Big cat sighting reported to police, but chief says evidence is lacking
By Brian Nearing
Wednesday, October 22, 2014
Social media sites lit up Wednesday after a small police department in Washington County posted an unconfirmed report that residents had spotted a mountain lion on a village street and in a nearby cemetery.
But that did not stop people from commenting on the police department's Facebook page that gave notice of the sightings, with some saying that they had seen mountain lions before, while others dismissed such accounts as mistakes. The state Department of Environmental Conservation has long maintained that there are no breeding populations of the big cats in the state, but that isolated cases of released pets or young male cats passing through areas in search of mates and territory are possible.
"I wanted to err on the side of caution," Bell said. "It is unlikely, but a possibility. What if someone is walking around and comes across it?" He also said he did not want to encourage residents to take up arms in a search-and-destroy effort against wildlife.
Bell said his office had received sighting reports last year in that same area of the village that led to suspicious tracks. Upon examination by DEC, they turned out to be from a bobcat, a native cat that is much smaller than a mountain lion. And so far in that part of northern Washington County, which contains many farms with cattle and other livestock, there have been no reports of animals being devoured by mysterious large predators, Bell said.
Mountain lion sightings are not uncommon, but DEC will only investigate reports where physical evidence such as tracks, scat or hair exist, or when a captive animal has been reported to have escaped, according to the DEC website.
Most cases involve misidentification, according to DEC, with cougars "commonly mistaken for wild bobcats, fishers and coyotes, as well as domestic house cats and dogs."

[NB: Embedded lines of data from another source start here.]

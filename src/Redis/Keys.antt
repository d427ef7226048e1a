-- ===== src/Redis/Keys.antt =====
-- helios_permissions/redis_cache.go: `key` and `tenantPattern`.
use helios_permission_golang.Prelude.{
  Str, ◌&&◌, true, ◌↔◌, ap, ◌∙◌, ◌++◌, ◌≡◌, refl, arith, bytes, ◌==◌, ==_iff, ==-prefix,
  append_cancel, Bool-eq_of_iff,
}
use helios_permission_golang.Memory.{mem_key}
use helios_permission_golang.Memory.Keys.{IsPlain, split_unique, mem_key-eq}
use helios_permission_golang.Redis.{RedisPermissionCache, key, tenant_pattern}
use helios_permission_golang.Redis.Server.{IsServer, IsLiteral}

module _ (c : RedisPermissionCache) where
  -- The two caches agree on the rest of a key after its prefix.
  key-mem_key : (u t : Str) → key c u t ≡ c.key_prefix ++ mem_key u t
  unfolding key mem_key
  key-mem_key u t = refl

  pub key-eq :
      (u v t w : Str) → IsPlain t → IsPlain w → (key c u t == key c v w) ≡ (u == v && t == w)
  key-eq u v t w p q =
      ap (λ k. k == key c v w) (key-mem_key u t)
      ∙ ap (λ k. c.key_prefix ++ mem_key u t == k) (key-mem_key v w)
      ∙ ==-prefix c.key_prefix (mem_key u t) (mem_key v w)
      ∙ mem_key-eq u v t w p q

  module _ (h : IsServer c.rdb) (u w t : Str) where
    IsLiteral-suffix : IsLiteral t → IsLiteral (bytes ":" ++ t)
    unfolding bytes
    IsLiteral-suffix m = ground arith

    -- What the pattern of a tenant matches, by its documented meaning.
    matches_iff :
        IsLiteral c.key_prefix
        → IsLiteral t
        → (h.matches (tenant_pattern c t) (key c u w) ≡ true)
          ↔ ((m : Str) × (key c u w ≡ c.key_prefix ++ (m ++ (bytes ":" ++ t))))
    unfolding tenant_pattern bytes
    matches_iff l m =
        h.matches_star c.key_prefix (bytes ":" ++ t) (key c u w) l (IsLiteral-suffix m)

    -- For plain tenants whose text a pattern reads literally, the pattern of a tenant matches a
    -- key exactly when it is a key of that tenant.
    pub matches-key :
        IsPlain w
        → IsPlain t
        → IsLiteral c.key_prefix
        → IsLiteral t
        → h.matches (tenant_pattern c t) (key c u w) ≡ (w == t)
    unfolding key bytes
    matches-key p q l m =
        Bool-eq_of_iff _ _
          (λ e.
            let (v, found) = (matches_iff l m).0 e in
            (==_iff w t).1 (split_unique u v w t p q (append_cancel c.key_prefix _ _ found)).1)
          (λ e. (matches_iff l m).1 (u, rw ((==_iff w t).0 e) refl))
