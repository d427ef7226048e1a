-- ===== src/Redis/Scan.antt =====
-- helios_permissions/redis_cache.go: the loop of `InvalidateTenant` over a server that answers.
use helios_permission_golang.Prelude.{
  ℕ, zero, suc, ◌≤◌, ◌<◌, Str, true, false, if◌then◌else◌, none, some, List, [], ◌∷◌, ◌≡◌, ◌≢◌, ◌⊎◌,
  inl, inr, refl, ap, ◌∙◌, arith, nat_eq, contains, Bool-cases, Option-cases,
}
use helios_permission_golang.Redis.{
  done, RedisPermissionCache, Served, delete_keys, scan_batch_size, scan_loop,
}
use helios_permission_golang.Redis.Server.{IsServer}

module _ (c : RedisPermissionCache) (h : IsServer c.rdb) where
  open h use {stored, matches, IsDue, remaining, page}

  delete_keys_reply : (ks : List Str) (s : Served c) → (n : ℕ) × ((delete_keys c ks s).0 ≡ done n)
  delete_keys_reply [] s = (0, refl)
  delete_keys_reply (k ∷ ks) s = h.del_reply k ks s

  stored_delete_keys :
      (ks : List Str) (j : Str) (s : Served c)
      → stored (delete_keys c ks s).1 j ≡ (if contains ks j then none else stored s j)
  stored_delete_keys [] j s = unfold contains in refl
  stored_delete_keys (k ∷ ks) j s = h.stored_del k ks j s

  due_delete_keys :
      (ks : List Str) (s : Served c) (cursor : ℕ) (j : Str)
      → IsDue s cursor j
      → IsDue (delete_keys c ks s).1 cursor j
  due_delete_keys [] s cursor j due = due
  due_delete_keys (k ∷ ks) s cursor j due = h.due_del k ks s cursor j due

  remaining_delete_keys :
      (ks : List Str) (s : Served c) (cursor : ℕ)
      → remaining (delete_keys c ks s).1 cursor ≤ remaining s cursor
  remaining_delete_keys [] s cursor = omega arith
  remaining_delete_keys (k ∷ ks) s cursor = h.remaining_del k ks s cursor

  module _ (p : Str) where
    abbrev keys : ℕ → Served c → List Str
    keys cursor s = (page cursor p scan_batch_size s).0

    abbrev next : ℕ → Served c → ℕ
    next cursor s = (page cursor p scan_batch_size s).1

    -- The server after one page and the deletion of its keys.
    abbrev after : ℕ → Served c → Served c
    after cursor s = (delete_keys c (keys cursor s) (c.rdb.scan cursor p scan_batch_size s).1).1

    scan_step :
        (fuel cursor : ℕ) (s : Served c)
        → scan_loop c (suc fuel) p cursor s ≡ (
            if nat_eq (next cursor s) 0
            then some (none, after cursor s)
            else scan_loop c fuel p (next cursor s) (after cursor s))
    unfolding scan_loop
    scan_step fuel cursor s =
        let (n, deleted) =
          delete_keys_reply (keys cursor s) (c.rdb.scan cursor p scan_batch_size s).1 in
        rw (h.scan_reply cursor p scan_batch_size s) (rw deleted refl)

    stored_after :
        (cursor : ℕ) (s : Served c) (j : Str)
        → stored (after cursor s) j ≡ (if contains (keys cursor s) j then none else stored s j)
    stored_after cursor s j =
        stored_delete_keys (keys cursor s) j (c.rdb.scan cursor p scan_batch_size s).1
        ∙ ap (λ v. if contains (keys cursor s) j then none else v)
            (h.stored_scan cursor p scan_batch_size j s)

    -- What a run of the loop from a cursor leaves: the keys that do not match as they were, and no
    -- matching key that the iteration still had to return.
    abbrev pub Swept : ℕ → Served c → Served c → Type 0
    Swept cursor s s' =
        (j : Str)
        → (matches p j ≡ false → stored s' j ≡ stored s j)
          × (stored s j ≡ none → stored s' j ≡ none)
          × (matches p j ≡ true → IsDue s cursor j → stored s' j ≡ none)

    after_absent :
        (cursor : ℕ) (s : Served c) (j : Str) → stored s j ≡ none → stored (after cursor s) j ≡ none
    after_absent cursor s j e = ground (arith, stored_after cursor s j)

    after_other :
        (cursor : ℕ) (s : Served c) (j : Str)
        → matches p j ≡ false
        → stored (after cursor s) j ≡ stored s j
    after_other cursor s j e =
        ground (arith, stored_after cursor s j, h.page_matches cursor p scan_batch_size s j)

    page_returns :
        (cursor : ℕ) (s : Served c) (j : Str)
        → matches p j ≡ true
        → IsDue s cursor j
        → (stored (after cursor s) j ≡ none)
          ⊎ ((next cursor s ≢ 0) × IsDue (after cursor s) (next cursor s) j)
    page_returns cursor s j m due = elim (Option-cases (stored s j)) [
      | inl absent ↦ inl (after_absent cursor s j absent)
      | inr (v, present) ↦ elim (h.due_scan cursor p scan_batch_size s j due (λ e. cc) m) [
        | inl returned ↦ inl (ground (arith, stored_after cursor s j))
        | inr (more, later) ↦ inr (more, due_delete_keys _ _ _ j later)
      ]
    ]

    last_page : (cursor : ℕ) (s : Served c) → next cursor s ≡ 0 → Swept cursor s (after cursor s)
    last_page cursor s e j = (
      after_other cursor s j,
      after_absent cursor s j,
      λ m due. elim (page_returns cursor s j m due) [
        | inl gone ↦ gone
        | inr (more, later) ↦ absurd (more e)
      ],
    )

    more_pages :
        (cursor : ℕ) (s s' : Served c)
        → Swept (next cursor s) (after cursor s) s'
        → Swept cursor s s'
    more_pages cursor s s' rest j = (
      λ e. (rest j).0 e ∙ after_other cursor s j e,
      λ e. (rest j).1 (after_absent cursor s j e),
      λ m due. elim (page_returns cursor s j m due) [
        | inl gone ↦ (rest j).1 gone
        | inr (more, later) ↦ (rest j).2 m later
      ],
    )

    remaining_after :
        (cursor : ℕ) (s : Served c)
        → next cursor s ≢ 0
        → remaining (after cursor s) (next cursor s) < remaining s cursor
    remaining_after cursor s more = omega (
      arith,
      h.remaining_scan cursor p scan_batch_size s more,
      remaining_delete_keys (keys cursor s) (c.rdb.scan cursor p scan_batch_size s).1
          (next cursor s),
    )

    -- With fuel for the pages that remain, the loop ends without error.
    pub scan_loop-Swept :
        (fuel cursor : ℕ) (s : Served c)
        → remaining s cursor < fuel
        → (s' : Served c) × (scan_loop c fuel p cursor s ≡ some (none, s')) × Swept cursor s s'
    scan_loop-Swept zero cursor s f = absurd (omega (arith, f))
    scan_loop-Swept (suc fuel) cursor s f = elim (Bool-cases (nat_eq (next cursor s) 0)) [
      | inl last ↦ (
        after cursor s,
        scan_step fuel cursor s ∙ rw last refl,
        last_page cursor s (ground (arith, last)),
      )
      | inr more ↦
          let left = remaining_after cursor s (λ e. ground (arith, more)) in
          let (s', ends, rest) =
            scan_loop-Swept fuel (next cursor s) (after cursor s) (omega (arith, left, f)) in
          (s', scan_step fuel cursor s ∙ rw more ends, more_pages cursor s s' rest)
    ]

"There is no evidence of a breeding population of mountain lions in the state," said DEC spokeswoman Wendy Rosenbach, citing absence of cats being run over by cars, lack of scat, fur or farm animal predation. "But if people see something, can get some pictures, they can give us a call."
Public speculation over cougars is so prevalent that DEC also has had to officially deny rumors that the agency has deliberately released the big cats to control the whitetail deer population.
Official policy aside, there were more than 40 posts to the Cambridge-Greenwich Police Facebook page debating whether the cats are really in residence, with people claiming sightings in Bennington, Shushan and Spiegletown. Others mocked the idea as akin to a "redneck" fantasy or seeing a Bigfoot.
In late 2010, a 140-pound wild mountain lion passed through Lake George, coming within a 10-minute car drive of the Village Hall. State officials recorded cat tracks in the snow that were the size of saucers but did not inform local officials the predatory cat was on the prowl.
Federal wildlife officials later used DNA to trace the young male's origin to South Dakota, and said its 1,800-mile cross-country trip went through Minnesota, Wisconsin and Michigan on the way through the Capital Region and beyond.
The following June, the animal was hit by a car and killed crossing a highway in Connecticut. DEC officials acknowledged it was the same animal.
Mountain lion attacks on humans are rare. There have been about 100 recorded attacks in the U.S. and Canada during the last century: about a tenth of those were fatal, according to the Arizona Fish and Game Department.